EXERCISE REQUIREMENTS. In the entries below, find the line with "rename_status dir_added = dir_renamed" and the line with "-- The pair becomes one entry.". Print those two and everything between them exactly, and nothing else.

STORED DATA.
----------

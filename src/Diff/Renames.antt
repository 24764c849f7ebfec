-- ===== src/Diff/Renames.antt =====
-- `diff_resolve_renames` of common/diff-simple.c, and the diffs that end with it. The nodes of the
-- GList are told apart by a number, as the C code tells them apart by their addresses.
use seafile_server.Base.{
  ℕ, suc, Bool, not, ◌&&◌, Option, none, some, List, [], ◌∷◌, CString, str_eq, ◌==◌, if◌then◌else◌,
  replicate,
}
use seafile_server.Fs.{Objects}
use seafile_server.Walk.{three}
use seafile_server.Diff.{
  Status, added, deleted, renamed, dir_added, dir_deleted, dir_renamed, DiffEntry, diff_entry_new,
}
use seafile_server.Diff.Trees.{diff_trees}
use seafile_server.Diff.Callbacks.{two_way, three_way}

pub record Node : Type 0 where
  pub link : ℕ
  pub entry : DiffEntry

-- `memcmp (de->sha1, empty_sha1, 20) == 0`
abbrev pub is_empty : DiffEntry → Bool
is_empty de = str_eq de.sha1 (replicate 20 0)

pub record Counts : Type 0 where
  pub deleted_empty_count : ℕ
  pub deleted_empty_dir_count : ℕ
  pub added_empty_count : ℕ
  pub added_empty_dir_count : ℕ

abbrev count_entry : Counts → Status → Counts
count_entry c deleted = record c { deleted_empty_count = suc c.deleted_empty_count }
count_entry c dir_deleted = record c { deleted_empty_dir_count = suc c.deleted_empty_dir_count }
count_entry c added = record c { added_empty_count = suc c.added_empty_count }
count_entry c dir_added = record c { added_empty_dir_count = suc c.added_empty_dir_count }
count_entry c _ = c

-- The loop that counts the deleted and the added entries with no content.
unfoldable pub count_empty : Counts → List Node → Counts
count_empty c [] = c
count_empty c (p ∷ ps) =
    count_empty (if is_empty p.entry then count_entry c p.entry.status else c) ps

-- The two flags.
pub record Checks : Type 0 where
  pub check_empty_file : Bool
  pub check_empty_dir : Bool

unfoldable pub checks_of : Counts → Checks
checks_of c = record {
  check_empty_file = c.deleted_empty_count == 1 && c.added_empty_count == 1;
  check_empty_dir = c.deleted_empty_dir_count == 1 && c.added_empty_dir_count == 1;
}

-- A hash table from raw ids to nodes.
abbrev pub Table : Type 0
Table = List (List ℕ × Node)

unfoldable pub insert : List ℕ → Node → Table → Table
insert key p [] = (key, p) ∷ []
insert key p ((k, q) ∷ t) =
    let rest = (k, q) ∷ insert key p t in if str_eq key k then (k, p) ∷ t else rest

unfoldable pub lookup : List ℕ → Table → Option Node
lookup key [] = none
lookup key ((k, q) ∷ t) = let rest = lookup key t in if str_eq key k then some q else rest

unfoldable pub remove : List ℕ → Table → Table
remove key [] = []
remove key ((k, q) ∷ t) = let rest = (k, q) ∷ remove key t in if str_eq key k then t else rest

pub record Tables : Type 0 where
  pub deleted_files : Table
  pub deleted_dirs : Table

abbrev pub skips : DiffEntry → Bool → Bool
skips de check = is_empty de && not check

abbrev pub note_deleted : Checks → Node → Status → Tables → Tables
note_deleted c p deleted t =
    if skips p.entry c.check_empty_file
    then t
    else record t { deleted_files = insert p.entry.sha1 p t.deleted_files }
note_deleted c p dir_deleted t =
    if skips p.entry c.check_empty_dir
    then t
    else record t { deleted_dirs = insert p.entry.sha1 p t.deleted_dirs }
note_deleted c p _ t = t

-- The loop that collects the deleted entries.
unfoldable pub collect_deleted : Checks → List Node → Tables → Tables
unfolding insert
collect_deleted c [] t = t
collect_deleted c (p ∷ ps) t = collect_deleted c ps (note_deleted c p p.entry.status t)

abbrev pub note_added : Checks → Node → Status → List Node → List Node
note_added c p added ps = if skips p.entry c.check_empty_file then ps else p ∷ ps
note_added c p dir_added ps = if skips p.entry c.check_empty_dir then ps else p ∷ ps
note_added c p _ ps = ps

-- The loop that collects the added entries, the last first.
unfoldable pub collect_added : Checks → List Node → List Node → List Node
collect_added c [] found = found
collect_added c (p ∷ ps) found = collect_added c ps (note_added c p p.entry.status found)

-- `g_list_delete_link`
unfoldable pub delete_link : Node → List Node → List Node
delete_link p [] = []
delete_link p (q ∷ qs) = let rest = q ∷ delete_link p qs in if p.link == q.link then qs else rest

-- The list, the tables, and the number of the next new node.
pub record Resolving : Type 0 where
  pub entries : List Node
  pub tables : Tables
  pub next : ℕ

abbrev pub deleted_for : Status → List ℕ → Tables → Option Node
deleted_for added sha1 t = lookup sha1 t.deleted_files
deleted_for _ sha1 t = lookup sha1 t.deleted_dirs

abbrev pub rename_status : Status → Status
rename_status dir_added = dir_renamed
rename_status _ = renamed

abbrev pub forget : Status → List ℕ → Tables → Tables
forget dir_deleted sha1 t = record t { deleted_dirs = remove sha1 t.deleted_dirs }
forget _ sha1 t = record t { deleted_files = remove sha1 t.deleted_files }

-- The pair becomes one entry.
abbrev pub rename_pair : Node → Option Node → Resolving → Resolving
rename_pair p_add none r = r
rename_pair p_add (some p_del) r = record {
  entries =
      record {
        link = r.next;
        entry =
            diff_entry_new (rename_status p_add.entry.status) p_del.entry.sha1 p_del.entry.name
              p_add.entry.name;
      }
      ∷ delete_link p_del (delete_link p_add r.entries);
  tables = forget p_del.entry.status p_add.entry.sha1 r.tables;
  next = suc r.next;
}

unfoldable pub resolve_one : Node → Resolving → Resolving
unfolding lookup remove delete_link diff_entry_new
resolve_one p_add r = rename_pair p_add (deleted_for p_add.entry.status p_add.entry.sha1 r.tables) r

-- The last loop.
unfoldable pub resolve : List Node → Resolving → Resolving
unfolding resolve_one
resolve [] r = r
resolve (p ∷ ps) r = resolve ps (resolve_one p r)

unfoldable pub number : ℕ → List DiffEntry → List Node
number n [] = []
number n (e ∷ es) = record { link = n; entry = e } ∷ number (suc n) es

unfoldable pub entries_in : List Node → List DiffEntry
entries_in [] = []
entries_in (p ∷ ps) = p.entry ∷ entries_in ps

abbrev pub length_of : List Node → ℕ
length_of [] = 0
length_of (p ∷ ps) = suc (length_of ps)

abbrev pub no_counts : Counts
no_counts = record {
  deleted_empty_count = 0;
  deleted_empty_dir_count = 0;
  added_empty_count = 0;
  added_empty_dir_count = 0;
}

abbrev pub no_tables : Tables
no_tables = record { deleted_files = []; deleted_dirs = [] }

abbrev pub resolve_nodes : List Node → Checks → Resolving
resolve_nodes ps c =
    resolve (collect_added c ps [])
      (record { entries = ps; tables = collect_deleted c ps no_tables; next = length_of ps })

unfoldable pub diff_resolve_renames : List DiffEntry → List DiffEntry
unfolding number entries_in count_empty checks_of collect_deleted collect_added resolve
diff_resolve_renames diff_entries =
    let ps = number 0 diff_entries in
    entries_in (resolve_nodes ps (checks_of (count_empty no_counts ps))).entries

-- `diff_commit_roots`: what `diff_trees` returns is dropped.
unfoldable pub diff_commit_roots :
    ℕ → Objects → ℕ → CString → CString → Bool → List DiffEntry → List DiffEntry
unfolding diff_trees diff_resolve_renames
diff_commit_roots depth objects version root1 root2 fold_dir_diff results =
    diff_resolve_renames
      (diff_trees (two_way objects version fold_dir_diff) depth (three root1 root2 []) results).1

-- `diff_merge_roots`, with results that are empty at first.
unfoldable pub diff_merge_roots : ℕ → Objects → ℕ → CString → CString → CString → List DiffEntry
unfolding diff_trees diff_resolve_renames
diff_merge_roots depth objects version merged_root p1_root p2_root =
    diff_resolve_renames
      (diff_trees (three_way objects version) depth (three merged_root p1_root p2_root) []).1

----------

SOLUTION.
rename_status dir_added = dir_renamed
rename_status _ = renamed

abbrev pub forget : Status → List ℕ → Tables → Tables
forget dir_deleted sha1 t = record t { deleted_dirs = remove sha1 t.deleted_dirs }
forget _ sha1 t = record t { deleted_files = remove sha1 t.deleted_files }

-- The pair becomes one entry.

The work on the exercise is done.